*** DATA IN THIS EXERCISE ***

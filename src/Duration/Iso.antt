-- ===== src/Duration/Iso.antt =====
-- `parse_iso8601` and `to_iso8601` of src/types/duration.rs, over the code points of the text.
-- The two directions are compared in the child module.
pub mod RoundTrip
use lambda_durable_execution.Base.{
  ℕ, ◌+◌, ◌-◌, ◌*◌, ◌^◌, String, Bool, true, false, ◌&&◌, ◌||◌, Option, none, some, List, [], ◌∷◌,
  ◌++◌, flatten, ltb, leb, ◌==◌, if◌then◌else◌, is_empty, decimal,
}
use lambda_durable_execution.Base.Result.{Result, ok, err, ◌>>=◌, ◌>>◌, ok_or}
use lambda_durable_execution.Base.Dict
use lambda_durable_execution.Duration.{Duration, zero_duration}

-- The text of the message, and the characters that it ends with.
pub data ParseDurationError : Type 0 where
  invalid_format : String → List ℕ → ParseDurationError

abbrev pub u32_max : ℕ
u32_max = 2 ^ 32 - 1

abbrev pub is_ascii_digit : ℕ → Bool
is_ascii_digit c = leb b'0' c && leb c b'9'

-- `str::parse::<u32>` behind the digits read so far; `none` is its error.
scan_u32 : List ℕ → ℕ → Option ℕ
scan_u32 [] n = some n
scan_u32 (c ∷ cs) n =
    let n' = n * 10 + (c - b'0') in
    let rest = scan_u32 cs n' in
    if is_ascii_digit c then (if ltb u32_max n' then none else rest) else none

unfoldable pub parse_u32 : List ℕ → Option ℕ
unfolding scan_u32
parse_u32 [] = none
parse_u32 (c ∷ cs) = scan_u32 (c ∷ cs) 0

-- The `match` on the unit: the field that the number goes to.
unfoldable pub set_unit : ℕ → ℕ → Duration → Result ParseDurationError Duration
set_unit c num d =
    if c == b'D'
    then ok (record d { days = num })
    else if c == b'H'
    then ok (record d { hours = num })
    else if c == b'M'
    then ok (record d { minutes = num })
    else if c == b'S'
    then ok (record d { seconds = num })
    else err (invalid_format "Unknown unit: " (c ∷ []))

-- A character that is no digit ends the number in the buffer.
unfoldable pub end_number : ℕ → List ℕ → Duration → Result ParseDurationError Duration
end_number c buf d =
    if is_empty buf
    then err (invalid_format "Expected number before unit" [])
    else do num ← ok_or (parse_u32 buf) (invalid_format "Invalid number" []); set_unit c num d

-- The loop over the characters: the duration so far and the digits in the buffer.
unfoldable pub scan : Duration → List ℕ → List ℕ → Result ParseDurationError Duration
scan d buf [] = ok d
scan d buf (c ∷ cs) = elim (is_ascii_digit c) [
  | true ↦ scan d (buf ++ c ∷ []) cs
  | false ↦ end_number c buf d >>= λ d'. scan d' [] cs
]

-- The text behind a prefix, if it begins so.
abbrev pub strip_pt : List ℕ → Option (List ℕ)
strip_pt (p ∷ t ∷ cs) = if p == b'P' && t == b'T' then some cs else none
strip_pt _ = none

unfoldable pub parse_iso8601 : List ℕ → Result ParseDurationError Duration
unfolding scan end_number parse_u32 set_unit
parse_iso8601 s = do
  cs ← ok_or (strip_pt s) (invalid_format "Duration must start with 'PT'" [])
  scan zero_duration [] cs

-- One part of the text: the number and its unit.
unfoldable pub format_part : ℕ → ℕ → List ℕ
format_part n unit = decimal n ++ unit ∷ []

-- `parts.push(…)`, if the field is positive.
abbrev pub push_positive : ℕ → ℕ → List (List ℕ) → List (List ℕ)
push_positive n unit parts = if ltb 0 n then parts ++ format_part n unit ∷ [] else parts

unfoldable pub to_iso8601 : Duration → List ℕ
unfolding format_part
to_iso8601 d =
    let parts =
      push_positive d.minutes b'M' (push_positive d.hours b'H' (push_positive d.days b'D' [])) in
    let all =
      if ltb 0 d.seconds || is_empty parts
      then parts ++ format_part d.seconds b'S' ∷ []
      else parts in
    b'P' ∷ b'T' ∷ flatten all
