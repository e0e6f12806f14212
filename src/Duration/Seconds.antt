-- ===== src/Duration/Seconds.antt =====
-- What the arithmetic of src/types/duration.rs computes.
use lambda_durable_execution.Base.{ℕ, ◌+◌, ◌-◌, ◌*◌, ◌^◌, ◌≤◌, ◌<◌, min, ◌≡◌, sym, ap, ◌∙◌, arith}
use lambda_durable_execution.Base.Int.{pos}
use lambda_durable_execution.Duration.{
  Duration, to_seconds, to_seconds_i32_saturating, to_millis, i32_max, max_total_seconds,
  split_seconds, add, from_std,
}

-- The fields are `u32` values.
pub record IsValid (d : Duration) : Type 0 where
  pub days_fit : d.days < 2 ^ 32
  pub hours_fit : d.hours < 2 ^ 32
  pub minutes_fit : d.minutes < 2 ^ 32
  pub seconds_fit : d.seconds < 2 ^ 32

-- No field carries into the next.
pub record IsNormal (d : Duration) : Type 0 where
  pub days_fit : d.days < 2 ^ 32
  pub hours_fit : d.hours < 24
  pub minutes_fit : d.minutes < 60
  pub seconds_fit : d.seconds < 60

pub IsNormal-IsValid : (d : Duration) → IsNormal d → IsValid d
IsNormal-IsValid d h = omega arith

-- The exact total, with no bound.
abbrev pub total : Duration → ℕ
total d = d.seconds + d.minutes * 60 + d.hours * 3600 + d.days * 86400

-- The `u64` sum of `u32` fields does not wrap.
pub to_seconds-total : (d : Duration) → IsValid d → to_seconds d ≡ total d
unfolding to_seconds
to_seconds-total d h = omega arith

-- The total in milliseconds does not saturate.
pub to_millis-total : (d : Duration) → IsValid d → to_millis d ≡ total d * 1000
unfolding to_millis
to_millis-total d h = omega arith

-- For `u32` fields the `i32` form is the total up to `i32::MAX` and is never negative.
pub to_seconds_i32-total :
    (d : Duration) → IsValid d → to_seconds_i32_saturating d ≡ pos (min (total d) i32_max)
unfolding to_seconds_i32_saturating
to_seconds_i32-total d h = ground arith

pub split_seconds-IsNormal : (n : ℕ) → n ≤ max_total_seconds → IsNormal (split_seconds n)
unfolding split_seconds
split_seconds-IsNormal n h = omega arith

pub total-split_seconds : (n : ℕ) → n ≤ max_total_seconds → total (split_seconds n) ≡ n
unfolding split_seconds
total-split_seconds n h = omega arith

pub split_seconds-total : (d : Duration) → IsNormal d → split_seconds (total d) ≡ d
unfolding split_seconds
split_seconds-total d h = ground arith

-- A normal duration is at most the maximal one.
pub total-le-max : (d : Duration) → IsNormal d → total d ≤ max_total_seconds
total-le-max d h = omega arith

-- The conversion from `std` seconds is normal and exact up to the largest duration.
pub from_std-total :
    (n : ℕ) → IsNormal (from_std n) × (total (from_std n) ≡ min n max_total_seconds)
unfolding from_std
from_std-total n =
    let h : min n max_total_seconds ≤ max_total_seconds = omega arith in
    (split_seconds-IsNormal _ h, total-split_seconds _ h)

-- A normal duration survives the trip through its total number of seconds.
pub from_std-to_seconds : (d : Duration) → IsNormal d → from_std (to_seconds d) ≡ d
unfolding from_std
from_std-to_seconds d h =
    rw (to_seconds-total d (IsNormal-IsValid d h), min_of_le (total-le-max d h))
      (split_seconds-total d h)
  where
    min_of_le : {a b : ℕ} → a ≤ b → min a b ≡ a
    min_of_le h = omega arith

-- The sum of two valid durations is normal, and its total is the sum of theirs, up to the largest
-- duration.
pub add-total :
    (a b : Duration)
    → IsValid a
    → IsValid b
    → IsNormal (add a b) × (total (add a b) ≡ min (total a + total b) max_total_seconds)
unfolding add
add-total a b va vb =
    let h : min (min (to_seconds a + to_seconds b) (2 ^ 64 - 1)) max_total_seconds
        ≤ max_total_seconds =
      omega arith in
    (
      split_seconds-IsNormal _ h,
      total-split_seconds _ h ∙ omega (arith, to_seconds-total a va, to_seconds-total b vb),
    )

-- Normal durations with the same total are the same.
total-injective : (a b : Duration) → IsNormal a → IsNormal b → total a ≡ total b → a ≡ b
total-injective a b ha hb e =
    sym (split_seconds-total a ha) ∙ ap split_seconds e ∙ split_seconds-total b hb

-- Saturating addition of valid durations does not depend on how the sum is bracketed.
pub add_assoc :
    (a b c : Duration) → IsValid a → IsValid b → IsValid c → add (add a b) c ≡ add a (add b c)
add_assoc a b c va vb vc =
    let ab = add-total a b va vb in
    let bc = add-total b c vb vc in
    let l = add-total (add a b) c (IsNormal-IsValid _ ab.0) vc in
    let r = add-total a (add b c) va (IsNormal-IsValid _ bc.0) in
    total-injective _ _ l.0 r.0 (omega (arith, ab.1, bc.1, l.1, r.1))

*** End of DATA IN THIS EXERCISE ***

REQUIRED ACTION
Which lines run from the one holding "push_positive n unit" through the one holding "repository e0e6f12806f14212" in the records above? Repeat them exactly, both included, and nothing more.

RESULT OF THIS EXERCISE
push_positive n unit parts = if ltb 0 n then parts ++ format_part n unit ∷ [] else parts

unfoldable pub to_iso8601 : Duration → List ℕ
unfolding format_part
to_iso8601 d =
    let parts =
      push_positive d.minutes b'M' (push_positive d.hours b'H' (push_positive d.days b'D' [])) in
    let all =
      if ltb 0 d.seconds || is_empty parts
      then parts ++ format_part d.seconds b'S' ∷ []
      else parts in
    b'P' ∷ b'T' ∷ flatten all
repository e0e6f12806f14212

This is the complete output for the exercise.